-- ===== src/Transaction/Getters.antt =====
-- The getters of a transaction that was decoded (transaction.ts, handlers/decode.ts).
use vechain_sdk_js.Prelude.{◌≡◌, refl, sym, subst, Option, none, some}
use vechain_sdk_js.Result.{ok}
use vechain_sdk_js.Text.{Bytes}
use vechain_sdk_js.Noble.{Noble}
use vechain_sdk_js.Crypto.{Crypto}
use vechain_sdk_js.Rlp.Profiler.{RlpCodec}
use vechain_sdk_js.Transaction.Body.{
  TransactionBody, Transaction, new_transaction, is_delegated, is_delegated_body, encode_unsigned,
  encoded, is_signed,
}
use vechain_sdk_js.Transaction.Decode.{decode}
use vechain_sdk_js.Transaction.Matched.{IsTaggedBody}
use vechain_sdk_js.Transaction.RoundTrip.{IsSame, decode-encoded}
use vechain_sdk_js.Transaction.Signing.{
  get_signature_hash, get_signature_hash_for, origin, origin_of, delegator, delegator_of, id, id_of,
}

module _ (noble : Noble) (crypto : Crypto) (codec : RlpCodec) where
  module _ (body other : TransactionBody)
      (e : encode_unsigned noble codec other ≡ encode_unsigned noble codec body) where
    get_signature_hash-same :
        get_signature_hash noble crypto codec other ≡ get_signature_hash noble crypto codec body
    unfolding get_signature_hash
    get_signature_hash-same = rw e refl

    origin_of-same :
        (s : Bytes) → origin_of noble crypto codec other s ≡ origin_of noble crypto codec body s
    unfolding origin_of
    origin_of-same s = rw get_signature_hash-same refl

    delegator_of-same :
        (s : Bytes)
        → delegator_of noble crypto codec other s ≡ delegator_of noble crypto codec body s
    unfolding delegator_of get_signature_hash_for
    delegator_of-same s = rw (origin_of-same s, get_signature_hash-same) refl

    id_of-same : (s : Bytes) → id_of noble crypto codec other s ≡ id_of noble crypto codec body s
    unfolding id_of
    id_of-same s = rw (origin_of-same s, get_signature_hash-same) refl

  -- The getters that depend on the encoding only.
  pub record HasSameGetters (tx other : Transaction) : Type 0 where
    pub origin : origin noble crypto codec other ≡ origin noble crypto codec tx
    pub delegator : delegator noble crypto codec other ≡ delegator noble crypto codec tx
    pub id : id noble crypto codec other ≡ id noble crypto codec tx
    pub is_signed : is_signed other ≡ is_signed tx

  getters_of_same :
      (body other : TransactionBody) (signature : Option Bytes)
      → encode_unsigned noble codec other ≡ encode_unsigned noble codec body
      → is_delegated_body other ≡ is_delegated_body body
      → HasSameGetters
          (record { body = body; signature = signature })
          (record { body = other; signature = signature })
  unfolding origin delegator id is_signed is_delegated
  getters_of_same body other none e d = record {
    origin = refl;
    delegator = rw d refl;
    id = refl;
    is_signed = refl;
  }
  getters_of_same body other (some s) e d = record {
    origin = origin_of-same body other e s;
    delegator = rw (d, delegator_of-same body other e s) refl;
    id = id_of-same body other e s;
    is_signed = refl;
  }

  same-getters : (tx other : Transaction) → IsSame noble codec tx other → HasSameGetters tx other
  unfolding is_delegated
  same-getters tx other s =
      subst (λ g. HasSameGetters tx (record { body = other.body; signature = g })) (sym s.signature)
        (getters_of_same tx.body other.body tx.signature s.payload s.delegation)

  -- A transaction that is decoded from an encoding has the origin, the delegator and the
  -- identifier of the transaction that was encoded, errors included.
  pub decode-HasSameGetters :
      (body : TransactionBody) (signature : Option Bytes) (tx : Transaction) (b : Bytes)
      → new_transaction body signature ≡ ok tx
      → IsTaggedBody body
      → encoded noble codec tx ≡ ok b
      → (other : Transaction) × (decode noble codec b (is_signed tx) ≡ ok other)
        × HasSameGetters tx other
  decode-HasSameGetters body signature tx b made tagged h =
      let (other, read, s) = decode-encoded noble codec body signature tx b made tagged h in
      (other, read, same-getters tx other s)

------------

Answer with one number only: how many lines in the listing include "that".

4